What is expected ▸
Within the data that follows, set down exactly the lines from the one containing "rw (and_then-ok (handle_all" through the one containing "(bs : List (ℕ × List Message)) (cs", both ends included.

Input data ▸
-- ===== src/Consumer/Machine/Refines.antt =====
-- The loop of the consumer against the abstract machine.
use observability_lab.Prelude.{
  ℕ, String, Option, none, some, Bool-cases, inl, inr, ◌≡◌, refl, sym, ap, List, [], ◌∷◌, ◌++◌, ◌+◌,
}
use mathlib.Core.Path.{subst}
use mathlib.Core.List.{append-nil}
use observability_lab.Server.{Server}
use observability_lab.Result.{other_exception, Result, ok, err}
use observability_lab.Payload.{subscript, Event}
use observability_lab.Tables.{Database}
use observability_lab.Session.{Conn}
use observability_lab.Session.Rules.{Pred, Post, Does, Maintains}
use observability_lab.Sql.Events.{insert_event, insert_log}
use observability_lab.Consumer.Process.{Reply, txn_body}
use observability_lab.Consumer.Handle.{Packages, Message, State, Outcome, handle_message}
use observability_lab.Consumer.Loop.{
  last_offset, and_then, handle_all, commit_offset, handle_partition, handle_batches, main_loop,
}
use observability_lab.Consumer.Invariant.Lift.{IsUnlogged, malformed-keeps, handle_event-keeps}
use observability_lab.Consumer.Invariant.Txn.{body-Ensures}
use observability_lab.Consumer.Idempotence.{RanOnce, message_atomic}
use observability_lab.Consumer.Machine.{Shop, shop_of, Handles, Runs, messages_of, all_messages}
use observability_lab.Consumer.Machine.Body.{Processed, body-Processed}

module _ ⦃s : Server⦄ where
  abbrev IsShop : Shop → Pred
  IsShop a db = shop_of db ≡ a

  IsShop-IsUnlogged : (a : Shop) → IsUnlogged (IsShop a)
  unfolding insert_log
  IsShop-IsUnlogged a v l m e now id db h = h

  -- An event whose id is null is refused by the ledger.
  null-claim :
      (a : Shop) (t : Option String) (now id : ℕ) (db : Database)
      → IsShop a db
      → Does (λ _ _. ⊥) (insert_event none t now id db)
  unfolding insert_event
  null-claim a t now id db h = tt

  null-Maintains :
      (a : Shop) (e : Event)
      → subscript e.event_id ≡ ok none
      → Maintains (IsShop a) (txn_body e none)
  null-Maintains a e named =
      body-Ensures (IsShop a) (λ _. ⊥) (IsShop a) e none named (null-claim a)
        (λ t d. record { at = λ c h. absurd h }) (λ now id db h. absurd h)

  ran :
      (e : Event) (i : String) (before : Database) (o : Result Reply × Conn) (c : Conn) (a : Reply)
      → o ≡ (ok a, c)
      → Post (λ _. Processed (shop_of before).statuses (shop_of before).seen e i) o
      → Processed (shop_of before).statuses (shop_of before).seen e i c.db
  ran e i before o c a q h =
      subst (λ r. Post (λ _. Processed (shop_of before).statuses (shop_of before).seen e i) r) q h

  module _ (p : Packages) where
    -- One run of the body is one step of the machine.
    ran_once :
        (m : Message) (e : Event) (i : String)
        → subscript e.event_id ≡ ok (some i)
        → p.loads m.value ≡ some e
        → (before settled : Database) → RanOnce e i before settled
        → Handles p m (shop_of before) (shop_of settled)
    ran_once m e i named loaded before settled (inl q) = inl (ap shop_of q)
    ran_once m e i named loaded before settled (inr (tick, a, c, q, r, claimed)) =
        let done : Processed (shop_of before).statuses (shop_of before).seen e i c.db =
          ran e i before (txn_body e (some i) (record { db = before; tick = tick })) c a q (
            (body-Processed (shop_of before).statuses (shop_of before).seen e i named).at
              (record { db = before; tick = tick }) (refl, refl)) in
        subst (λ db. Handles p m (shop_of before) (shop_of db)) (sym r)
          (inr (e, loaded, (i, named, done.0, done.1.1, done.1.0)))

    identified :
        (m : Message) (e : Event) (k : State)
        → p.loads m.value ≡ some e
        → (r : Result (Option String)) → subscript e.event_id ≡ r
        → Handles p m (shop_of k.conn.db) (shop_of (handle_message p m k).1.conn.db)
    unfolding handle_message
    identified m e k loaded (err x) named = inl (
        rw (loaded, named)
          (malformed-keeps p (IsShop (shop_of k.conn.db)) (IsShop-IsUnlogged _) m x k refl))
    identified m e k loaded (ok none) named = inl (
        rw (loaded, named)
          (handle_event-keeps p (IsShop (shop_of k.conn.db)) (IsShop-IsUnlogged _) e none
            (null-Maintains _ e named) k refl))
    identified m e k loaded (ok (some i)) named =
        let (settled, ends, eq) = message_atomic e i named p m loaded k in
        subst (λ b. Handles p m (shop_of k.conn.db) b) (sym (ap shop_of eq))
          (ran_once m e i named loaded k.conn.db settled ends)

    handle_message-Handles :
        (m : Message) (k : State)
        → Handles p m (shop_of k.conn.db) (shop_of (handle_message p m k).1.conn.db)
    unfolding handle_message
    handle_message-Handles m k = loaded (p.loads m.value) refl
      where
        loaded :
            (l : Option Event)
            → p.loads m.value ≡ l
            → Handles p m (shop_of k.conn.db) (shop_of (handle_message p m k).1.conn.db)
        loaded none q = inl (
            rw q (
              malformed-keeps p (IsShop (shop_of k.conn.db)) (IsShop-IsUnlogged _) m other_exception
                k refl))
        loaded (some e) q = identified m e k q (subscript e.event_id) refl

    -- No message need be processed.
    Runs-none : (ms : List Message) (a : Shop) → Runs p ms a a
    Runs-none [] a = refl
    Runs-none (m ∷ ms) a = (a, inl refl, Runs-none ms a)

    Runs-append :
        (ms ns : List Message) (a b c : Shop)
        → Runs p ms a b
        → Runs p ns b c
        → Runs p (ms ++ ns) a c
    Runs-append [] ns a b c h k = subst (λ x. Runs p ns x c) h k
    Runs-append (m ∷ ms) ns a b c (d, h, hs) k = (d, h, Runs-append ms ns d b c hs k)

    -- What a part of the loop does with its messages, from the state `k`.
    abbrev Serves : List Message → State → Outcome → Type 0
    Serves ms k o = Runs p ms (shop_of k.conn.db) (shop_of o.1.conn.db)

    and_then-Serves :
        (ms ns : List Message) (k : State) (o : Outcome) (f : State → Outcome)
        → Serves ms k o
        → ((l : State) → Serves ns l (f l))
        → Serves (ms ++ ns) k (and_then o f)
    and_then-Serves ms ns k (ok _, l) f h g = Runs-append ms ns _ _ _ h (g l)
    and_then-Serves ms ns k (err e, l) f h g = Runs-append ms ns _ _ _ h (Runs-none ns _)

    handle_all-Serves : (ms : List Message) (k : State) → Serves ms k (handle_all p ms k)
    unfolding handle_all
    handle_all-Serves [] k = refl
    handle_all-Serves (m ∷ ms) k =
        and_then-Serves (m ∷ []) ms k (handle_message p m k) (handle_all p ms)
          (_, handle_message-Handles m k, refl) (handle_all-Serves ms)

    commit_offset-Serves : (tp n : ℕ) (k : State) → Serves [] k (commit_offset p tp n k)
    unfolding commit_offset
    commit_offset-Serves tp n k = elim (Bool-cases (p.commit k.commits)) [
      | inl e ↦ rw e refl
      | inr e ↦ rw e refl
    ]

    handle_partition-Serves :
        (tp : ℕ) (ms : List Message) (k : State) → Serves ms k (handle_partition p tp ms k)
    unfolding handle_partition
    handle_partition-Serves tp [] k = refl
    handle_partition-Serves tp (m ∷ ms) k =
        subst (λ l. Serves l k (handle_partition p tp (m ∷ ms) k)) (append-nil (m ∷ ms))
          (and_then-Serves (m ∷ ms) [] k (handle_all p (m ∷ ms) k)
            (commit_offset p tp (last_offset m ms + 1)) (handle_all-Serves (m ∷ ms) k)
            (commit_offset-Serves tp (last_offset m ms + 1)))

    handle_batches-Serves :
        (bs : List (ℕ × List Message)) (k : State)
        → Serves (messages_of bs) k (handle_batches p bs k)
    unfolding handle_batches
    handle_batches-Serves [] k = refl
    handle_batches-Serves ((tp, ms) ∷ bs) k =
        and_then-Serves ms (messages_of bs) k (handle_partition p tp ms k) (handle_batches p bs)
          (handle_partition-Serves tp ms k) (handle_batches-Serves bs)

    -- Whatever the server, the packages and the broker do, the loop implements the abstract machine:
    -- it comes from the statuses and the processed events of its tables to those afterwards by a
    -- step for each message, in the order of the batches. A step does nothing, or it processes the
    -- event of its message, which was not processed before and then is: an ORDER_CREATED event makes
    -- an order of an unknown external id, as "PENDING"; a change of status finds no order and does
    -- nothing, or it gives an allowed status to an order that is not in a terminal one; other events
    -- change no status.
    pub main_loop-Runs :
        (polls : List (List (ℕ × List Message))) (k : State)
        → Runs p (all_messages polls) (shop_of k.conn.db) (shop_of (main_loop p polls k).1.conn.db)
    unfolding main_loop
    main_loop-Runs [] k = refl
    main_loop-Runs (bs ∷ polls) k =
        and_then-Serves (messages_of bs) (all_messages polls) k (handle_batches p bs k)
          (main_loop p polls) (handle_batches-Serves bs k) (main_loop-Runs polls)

...

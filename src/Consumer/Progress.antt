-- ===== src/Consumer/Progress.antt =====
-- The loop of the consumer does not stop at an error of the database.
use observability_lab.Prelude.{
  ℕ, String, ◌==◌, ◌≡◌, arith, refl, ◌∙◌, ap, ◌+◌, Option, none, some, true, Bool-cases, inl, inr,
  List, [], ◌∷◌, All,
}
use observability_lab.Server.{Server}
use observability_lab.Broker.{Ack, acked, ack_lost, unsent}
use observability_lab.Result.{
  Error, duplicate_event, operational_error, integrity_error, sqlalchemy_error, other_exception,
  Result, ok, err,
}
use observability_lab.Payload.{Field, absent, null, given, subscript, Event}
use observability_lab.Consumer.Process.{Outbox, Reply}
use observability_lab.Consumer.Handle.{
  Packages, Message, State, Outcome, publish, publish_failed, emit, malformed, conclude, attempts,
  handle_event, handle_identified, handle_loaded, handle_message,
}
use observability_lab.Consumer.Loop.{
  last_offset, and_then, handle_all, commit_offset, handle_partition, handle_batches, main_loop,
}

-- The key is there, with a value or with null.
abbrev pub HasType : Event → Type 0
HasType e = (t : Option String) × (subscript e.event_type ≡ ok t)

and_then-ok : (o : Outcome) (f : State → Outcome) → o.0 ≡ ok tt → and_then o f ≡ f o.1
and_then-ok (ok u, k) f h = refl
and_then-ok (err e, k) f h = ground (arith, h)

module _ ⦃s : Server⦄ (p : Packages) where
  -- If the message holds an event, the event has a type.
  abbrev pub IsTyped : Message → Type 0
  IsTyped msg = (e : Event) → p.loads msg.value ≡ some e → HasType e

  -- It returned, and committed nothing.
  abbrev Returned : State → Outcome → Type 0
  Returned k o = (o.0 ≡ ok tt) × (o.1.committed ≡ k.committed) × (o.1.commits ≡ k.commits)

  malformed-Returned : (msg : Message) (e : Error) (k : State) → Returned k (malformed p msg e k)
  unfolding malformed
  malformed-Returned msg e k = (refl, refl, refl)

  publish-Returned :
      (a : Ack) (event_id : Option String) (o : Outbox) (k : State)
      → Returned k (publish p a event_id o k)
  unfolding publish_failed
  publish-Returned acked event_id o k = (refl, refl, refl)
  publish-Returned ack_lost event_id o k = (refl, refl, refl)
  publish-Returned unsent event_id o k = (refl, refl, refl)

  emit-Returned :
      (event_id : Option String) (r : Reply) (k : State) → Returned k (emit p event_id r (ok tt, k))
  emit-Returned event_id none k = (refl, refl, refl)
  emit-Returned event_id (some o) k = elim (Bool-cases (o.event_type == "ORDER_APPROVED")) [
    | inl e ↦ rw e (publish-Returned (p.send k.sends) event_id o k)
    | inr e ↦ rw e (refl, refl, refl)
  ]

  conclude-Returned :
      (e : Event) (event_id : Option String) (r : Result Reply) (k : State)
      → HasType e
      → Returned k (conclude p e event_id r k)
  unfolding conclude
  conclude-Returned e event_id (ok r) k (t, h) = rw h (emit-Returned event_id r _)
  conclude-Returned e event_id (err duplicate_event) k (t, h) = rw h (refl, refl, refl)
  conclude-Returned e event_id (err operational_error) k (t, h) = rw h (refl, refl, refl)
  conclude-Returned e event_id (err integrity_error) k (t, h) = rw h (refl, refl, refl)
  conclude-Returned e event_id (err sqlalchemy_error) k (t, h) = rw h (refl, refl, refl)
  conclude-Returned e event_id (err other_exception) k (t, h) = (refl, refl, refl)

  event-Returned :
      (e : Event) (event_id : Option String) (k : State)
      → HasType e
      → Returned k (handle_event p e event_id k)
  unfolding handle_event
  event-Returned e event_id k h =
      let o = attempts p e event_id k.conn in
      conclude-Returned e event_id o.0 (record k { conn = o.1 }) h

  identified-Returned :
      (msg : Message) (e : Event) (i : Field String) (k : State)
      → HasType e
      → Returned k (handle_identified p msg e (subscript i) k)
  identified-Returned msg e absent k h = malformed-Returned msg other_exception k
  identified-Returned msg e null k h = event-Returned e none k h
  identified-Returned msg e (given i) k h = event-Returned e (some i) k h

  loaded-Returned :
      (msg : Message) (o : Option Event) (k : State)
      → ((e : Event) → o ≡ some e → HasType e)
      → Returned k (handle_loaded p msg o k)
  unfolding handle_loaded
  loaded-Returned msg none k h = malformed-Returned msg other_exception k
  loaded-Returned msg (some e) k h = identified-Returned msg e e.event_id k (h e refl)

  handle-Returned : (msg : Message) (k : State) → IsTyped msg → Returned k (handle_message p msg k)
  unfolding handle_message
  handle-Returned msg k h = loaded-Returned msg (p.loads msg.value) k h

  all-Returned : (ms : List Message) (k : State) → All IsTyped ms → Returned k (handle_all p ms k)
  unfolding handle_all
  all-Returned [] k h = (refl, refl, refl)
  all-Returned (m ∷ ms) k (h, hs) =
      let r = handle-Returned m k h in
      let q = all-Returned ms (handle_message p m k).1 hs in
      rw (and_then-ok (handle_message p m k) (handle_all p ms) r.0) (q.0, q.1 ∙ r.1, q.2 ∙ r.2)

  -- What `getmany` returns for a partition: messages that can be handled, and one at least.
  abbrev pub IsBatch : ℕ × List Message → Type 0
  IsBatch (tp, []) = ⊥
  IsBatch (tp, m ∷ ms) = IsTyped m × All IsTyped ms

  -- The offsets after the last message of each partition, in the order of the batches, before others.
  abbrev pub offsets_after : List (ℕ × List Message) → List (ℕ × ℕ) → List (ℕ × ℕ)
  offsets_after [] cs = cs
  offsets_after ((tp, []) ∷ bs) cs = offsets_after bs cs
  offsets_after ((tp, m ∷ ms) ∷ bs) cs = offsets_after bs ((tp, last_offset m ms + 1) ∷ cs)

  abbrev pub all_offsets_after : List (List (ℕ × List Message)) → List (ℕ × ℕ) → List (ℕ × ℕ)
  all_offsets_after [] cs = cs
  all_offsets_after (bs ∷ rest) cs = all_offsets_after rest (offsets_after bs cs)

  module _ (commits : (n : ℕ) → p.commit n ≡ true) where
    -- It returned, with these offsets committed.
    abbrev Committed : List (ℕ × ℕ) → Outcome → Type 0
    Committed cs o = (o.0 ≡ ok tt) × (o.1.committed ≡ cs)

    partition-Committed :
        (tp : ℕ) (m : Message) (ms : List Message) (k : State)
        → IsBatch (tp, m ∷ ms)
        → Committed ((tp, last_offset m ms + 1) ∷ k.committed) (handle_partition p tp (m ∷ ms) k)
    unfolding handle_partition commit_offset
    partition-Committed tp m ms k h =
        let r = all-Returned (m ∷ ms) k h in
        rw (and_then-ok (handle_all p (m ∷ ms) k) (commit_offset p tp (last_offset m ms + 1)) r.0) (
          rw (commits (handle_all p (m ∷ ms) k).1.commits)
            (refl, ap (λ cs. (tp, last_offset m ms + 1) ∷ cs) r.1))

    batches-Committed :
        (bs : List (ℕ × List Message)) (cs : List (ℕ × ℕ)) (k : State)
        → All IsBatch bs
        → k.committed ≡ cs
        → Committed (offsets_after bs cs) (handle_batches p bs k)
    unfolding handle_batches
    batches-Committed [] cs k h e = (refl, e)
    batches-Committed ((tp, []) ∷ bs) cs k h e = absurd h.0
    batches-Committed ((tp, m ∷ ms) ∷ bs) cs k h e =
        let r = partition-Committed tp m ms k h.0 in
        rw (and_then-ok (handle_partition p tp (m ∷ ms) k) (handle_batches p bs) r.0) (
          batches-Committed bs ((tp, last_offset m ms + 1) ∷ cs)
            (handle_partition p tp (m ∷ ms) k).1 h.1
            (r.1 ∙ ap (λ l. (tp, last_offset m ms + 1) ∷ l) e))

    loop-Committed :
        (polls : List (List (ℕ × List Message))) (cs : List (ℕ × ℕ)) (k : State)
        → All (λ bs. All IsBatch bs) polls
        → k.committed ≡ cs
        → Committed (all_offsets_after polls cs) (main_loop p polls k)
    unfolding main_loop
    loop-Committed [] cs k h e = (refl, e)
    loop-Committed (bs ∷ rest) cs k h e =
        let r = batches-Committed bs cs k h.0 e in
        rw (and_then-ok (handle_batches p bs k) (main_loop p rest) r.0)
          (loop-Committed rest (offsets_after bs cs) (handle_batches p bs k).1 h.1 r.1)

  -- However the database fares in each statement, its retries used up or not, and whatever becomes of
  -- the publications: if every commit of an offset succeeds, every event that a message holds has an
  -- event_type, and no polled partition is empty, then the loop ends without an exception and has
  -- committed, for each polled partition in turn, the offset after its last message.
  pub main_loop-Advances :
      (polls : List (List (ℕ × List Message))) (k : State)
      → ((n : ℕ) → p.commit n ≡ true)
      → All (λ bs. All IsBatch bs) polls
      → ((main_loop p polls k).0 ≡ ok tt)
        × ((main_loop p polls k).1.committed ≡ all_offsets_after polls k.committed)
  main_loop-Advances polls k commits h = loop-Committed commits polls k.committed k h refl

Answer to this problem ▸
        rw (and_then-ok (handle_all p (m ∷ ms) k) (commit_offset p tp (last_offset m ms + 1)) r.0) (
          rw (commits (handle_all p (m ∷ ms) k).1.commits)
            (refl, ap (λ cs. (tp, last_offset m ms + 1) ∷ cs) r.1))

    batches-Committed :
        (bs : List (ℕ × List Message)) (cs : List (ℕ × ℕ)) (k : State)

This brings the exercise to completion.